What the task asks:
Copy the lines below verbatim, but only from the line containing "k.id ≢ h.id" through the end of the data.

───── Extracted entries

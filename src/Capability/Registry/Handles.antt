-- ===== src/Capability/Registry/Handles.antt =====
-- src/capability.rs, `CapabilityRegistry`: what a handle is good for, from the call that issues it to
-- the call that revokes it, and after.
use Prim.Native.Nat.{ℕ, ◌<◌, ◌^◌}
use mathlib.Core.Path.{◌≡◌, refl, ◌∙◌, sym, ap, subst, subst₂}
use mathlib.Core.Logic.{◌≢◌}
use mathlib.Core.Bool.{true, false}
use mathlib.Core.Option.{none, some}
use mathlib.Core.List.{List, [], ◌∷◌}
use native.Mathlib.Decide.{dec_lt}
use native.Mathlib.Omega.{arith}
use alani_kernel.Common.Tests.{==_refl}
use alani_kernel.Common.Lists.{find, count}
use alani_kernel.Common.Search.{
  count-update_first, count_mono, find-none, find-update_first_hit, find-update_first_miss,
}
use alani_kernel.Error.{KernelError}
use alani_kernel.Outcome.{ok, err, ok-pair}
use alani_kernel.Capability.{TaskId, CapabilitySet, from_bits}
use alani_kernel.Capability.Sets.{IsWithin, contains_all_iff, from_bits_lem, attenuate-ok}
use alani_kernel.Capability.Registry.{
  CapabilityHandle, CapabilityRecord, CapabilityRegistry, is_free, is_live, issue, resolve, derive,
  revoke,
}
use alani_kernel.Capability.Registry.Invariant.{
  IsValid, is_live_id, issued, after_issue, after_revoke, issue_cases, derive_cases, revoke_cases,
  count-after_revoke, Call, issues, derives, revokes, step, run,
}

-- Only bits of known capabilities.
abbrev pub IsKnown : CapabilitySet → Type 0
IsKnown s = s.bits < 2 ^ 15

-- What a table says of a handle is looked up by identifier and generation alone.
resolve-found :
    (r : CapabilityRegistry) (h : CapabilityHandle) {e : CapabilityRecord}
    → h.id ≢ 0
    → find (is_live h) r.records ≡ some e
    → resolve r h ≡ from_bits e.handle.rights
unfolding resolve
resolve-found r h p e = ground arith

resolve-missing :
    (r : CapabilityRegistry) (h : CapabilityHandle)
    → find (is_live h) r.records ≡ none
    → resolve r h ≡ err KernelError.not_found
unfolding resolve
resolve-missing r h e = ground arith

is_live→is_live_id :
    (h : CapabilityHandle) (e : CapabilityRecord) → is_live h e ≡ true → is_live_id h.id e ≡ true
is_live→is_live_id h e p = ground arith

-- No live record bears the identifier, and it will not be given out again.
abbrev pub IsDead : ℕ → CapabilityRegistry → Type 0
IsDead i r = (count (is_live_id i) r.records ≡ 0) × (i < r.next_id)

IsDead-resolve :
    (r : CapabilityRegistry) (h : CapabilityHandle)
    → count (is_live_id h.id) r.records ≡ 0
    → resolve r h ≡ err KernelError.not_found
IsDead-resolve r h dead = resolve-missing r h (
    find-none (is_live h) r.records
      (omega (arith, count_mono (is_live h) (is_live_id h.id) r.records (is_live→is_live_id h))))

resolve-after_issue :
    (r : CapabilityRegistry) (owner_task : TaskId) (rights : CapabilitySet)
    (slot : CapabilityRecord)
    → IsValid r
    → IsKnown rights
    → find is_free r.records ≡ some slot
    → resolve (after_issue r owner_task rights) (issued r owner_task rights) ≡ ok rights
resolve-after_issue r owner_task rights slot v known e =
    resolve-found (after_issue r owner_task rights) h (omega (arith, v.id_pos)) found
    ∙ ground (arith, from_bits_lem rights.bits)
  where
    h : CapabilityHandle
    h = issued r owner_task rights

    found :
        find (is_live h) (after_issue r owner_task rights).records
        ≡ some (record { handle = h; revoked = false })
    found =
        find-update_first_hit is_free (is_live h) _ r.records e
          (ground (arith, ==_refl r.next_id, ==_refl r.next_generation))
          (omega (
            arith,
            v.fresh r.next_id,
            count_mono (is_live h) (is_live_id h.id) r.records (is_live→is_live_id h),
          ))

-- A lookup that finds the same record gives the same rights.
resolve_congr :
    (r s : CapabilityRegistry) (h : CapabilityHandle)
    → (h.id ≢ 0 → find (is_live h) r.records ≡ find (is_live h) s.records)
    → resolve r h ≡ resolve s h
unfolding resolve
resolve_congr r s h e = ground (arith, e)

-- In a well-formed registry, a handle that `issue` returns for a set of known capabilities
-- resolves to that set.
pub resolve-issue :
    (r s : CapabilityRegistry) (owner_task : TaskId) (rights : CapabilitySet) (h : CapabilityHandle)
    → IsValid r
    → IsKnown rights
    → issue owner_task rights r ≡ (ok h, s)
    → resolve s h ≡ ok rights
resolve-issue r s owner_task rights h v known =
    issue_cases (λ out. out ≡ (ok h, s) → resolve s h ≡ ok rights) r owner_task rights
      (λ e p. absurd (ground arith))
      λ slot e room p.
        let (same, left) = ok-pair p in
        subst₂ (λ t k. resolve t k ≡ ok rights) left same
          (resolve-after_issue r owner_task rights slot v known e)

-- Issuing, whether it succeeds or not, does not change what a handle resolves to whose
-- identifier was given out before.
pub resolve-issue_other :
    (r : CapabilityRegistry) (owner_task : TaskId) (rights : CapabilitySet) (h : CapabilityHandle)
    → h.id < r.next_id
    → resolve (issue owner_task rights r).1 h ≡ resolve r h
resolve-issue_other r owner_task rights h old =
    issue_cases (λ out. resolve out.1 h ≡ resolve r h) r owner_task rights (λ e. refl)
      λ slot e room. resolve_congr (after_issue r owner_task rights) r h λ p.
        find-update_first_miss is_free (is_live h) _ r.records
          λ x free. (ground arith, ground arith)

issue-IsDead :
    (i : ℕ) (r : CapabilityRegistry) (owner_task : TaskId) (rights : CapabilitySet)
    → IsDead i r
    → IsDead i (issue owner_task rights r).1
issue-IsDead i r owner_task rights dead =
    issue_cases (λ out. IsDead i out.1) r owner_task rights (λ _. dead)
      λ slot e room. (
        ground (arith, count-update_first is_free (is_live_id i) (λ _. entry) r.records e),
        omega arith,
      )
  where
    entry : CapabilityRecord
    entry = record { handle = issued r owner_task rights; revoked = false }

step-IsDead : (i : ℕ) (r : CapabilityRegistry) (c : Call) → IsDead i r → IsDead i (step r c)
step-IsDead i r (issues owner_task rights) dead = issue-IsDead i r owner_task rights dead
step-IsDead i r (derives parent owner_task requested) dead =
    derive_cases (λ out. IsDead i out.1) r parent owner_task requested (λ _. dead)
      λ held child _ _. issue-IsDead i r owner_task child dead
step-IsDead i r (revokes handle) dead =
    revoke_cases (λ out. IsDead i out.1) r handle (λ _. dead)
      λ found e. (omega (arith, count-after_revoke r handle i e), dead.1)

run-IsDead : (i : ℕ) (r : CapabilityRegistry) (cs : List Call) → IsDead i r → IsDead i (run r cs)
unfolding run
run-IsDead i r [] dead = dead
run-IsDead i r (c ∷ cs) dead = run-IsDead i (step r c) cs (step-IsDead i r c dead)

after_revoke-IsDead :
    (r : CapabilityRegistry) (h : CapabilityHandle) (found : CapabilityRecord)
    → IsValid r
    → find (is_live h) r.records ≡ some found
    → IsDead h.id (after_revoke r h)
after_revoke-IsDead r h found v e = (
  ground (arith, v.unique h.id, count-after_revoke r h h.id e),
  elim (dec_lt h.id r.next_id) [
    | yes old ↦ old
    | no new ↦ absurd (ground (arith, v.fresh h.id, count-after_revoke r h h.id e))
  ],
)

-- A handle that was revoked with success in a well-formed registry never resolves again,
-- whatever is issued, derived and revoked afterwards.
pub revoke_forever :
    (r s : CapabilityRegistry) (h : CapabilityHandle) (cs : List Call)
    → IsValid r
    → revoke h r ≡ (ok tt, s)
    → resolve (run s cs) h ≡ err KernelError.not_found
revoke_forever r s h cs v =
    revoke_cases (λ out. out ≡ (ok tt, s) → resolve (run s cs) h ≡ err KernelError.not_found) r h
      (λ e p. absurd (ground arith))
      λ found e p.
        IsDead-resolve (run s cs) h
          (run-IsDead h.id s cs
            (subst (IsDead h.id) (ap (λ q. q.1) p) (after_revoke-IsDead r h found v e))).0

-- Revoking, whether it succeeds or not, does not change what a handle with another identifier
-- resolves to, a handle that was derived from the revoked one included.
resolve-revoke_other :
    (r : CapabilityRegistry) (h k : CapabilityHandle)
    → k.id ≢ h.id
    → resolve (revoke h r).1 k ≡ resolve r k
resolve-revoke_other r h k ne =
    revoke_cases (λ out. resolve out.1 k ≡ resolve r k) r h (λ _. refl)
      λ found e. resolve_congr (after_revoke r h) r k λ p.
        find-update_first_miss (is_live h) (is_live k) _ r.records
          λ x hit. (ground arith, ground arith)

-- In a well-formed registry, a successful `derive` of a set of known capabilities gives a handle
-- that resolves to exactly the set requested, and the parent handle resolved to a set with every
-- bit of it.
pub resolve-derive :
    (r s : CapabilityRegistry) (parent child : CapabilityHandle) (owner_task : TaskId)
    (requested : CapabilitySet)
    → IsValid r
    → IsKnown requested
    → derive parent owner_task requested r ≡ (ok child, s)
    → (resolve s child ≡ ok requested)
      × (held : CapabilitySet) × (resolve r parent ≡ ok held)
      × IsWithin requested held
resolve-derive r s parent child owner_task requested v known =
    derive_cases
      (λ out.
        out ≡ (ok child, s)
        → (resolve s child ≡ ok requested)
          × (held : CapabilitySet) × (resolve r parent ≡ ok held)
          × IsWithin requested held)
      r parent owner_task requested (λ e p. absurd (ground arith))
      λ held granted holds inside p.
        let (all, same) = attenuate-ok held requested inside in
        (
          resolve-issue r s owner_task requested child v known
              (subst (λ g. issue owner_task g r ≡ (ok child, s)) (sym same) p),
          held,
          holds,
          (contains_all_iff held requested (omega arith)).0 all,
        )
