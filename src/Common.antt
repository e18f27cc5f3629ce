-- ===== src/Common.antt =====
-- The helpers that the other modules share.
pub mod Tests
pub mod Words
pub mod Lists
pub mod Search
pub mod Ring
pub mod Bits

──────────

Solution to the problem:
    → k.id ≢ h.id
    → resolve (revoke h r).1 k ≡ resolve r k
resolve-revoke_other r h k ne =
    revoke_cases (λ out. resolve out.1 k ≡ resolve r k) r h (λ _. refl)
      λ found e. resolve_congr (after_revoke r h) r k λ p.
        find-update_first_miss (is_live h) (is_live k) _ r.records
          λ x hit. (ground arith, ground arith)

-- In a well-formed registry, a successful `derive` of a set of known capabilities gives a handle
-- that resolves to exactly the set requested, and the parent handle resolved to a set with every
-- bit of it.
pub resolve-derive :
    (r s : CapabilityRegistry) (parent child : CapabilityHandle) (owner_task : TaskId)
    (requested : CapabilitySet)
    → IsValid r
    → IsKnown requested
    → derive parent owner_task requested r ≡ (ok child, s)
    → (resolve s child ≡ ok requested)
      × (held : CapabilitySet) × (resolve r parent ≡ ok held)
      × IsWithin requested held
resolve-derive r s parent child owner_task requested v known =
    derive_cases
      (λ out.
        out ≡ (ok child, s)
        → (resolve s child ≡ ok requested)
          × (held : CapabilitySet) × (resolve r parent ≡ ok held)
          × IsWithin requested held)
      r parent owner_task requested (λ e p. absurd (ground arith))
      λ held granted holds inside p.
        let (all, same) = attenuate-ok held requested inside in
        (
          resolve-issue r s owner_task requested child v known
              (subst (λ g. issue owner_task g r ≡ (ok child, s)) (sym same) p),
          held,
          holds,
          (contains_all_iff held requested (omega arith)).0 all,
        )
filename src/Common.antt
repository e18f27cc5f3629ce
-- ===== src/Common.antt =====
-- The helpers that the other modules share.
pub mod Tests
pub mod Words
pub mod Lists
pub mod Search
pub mod Ring
pub mod Bits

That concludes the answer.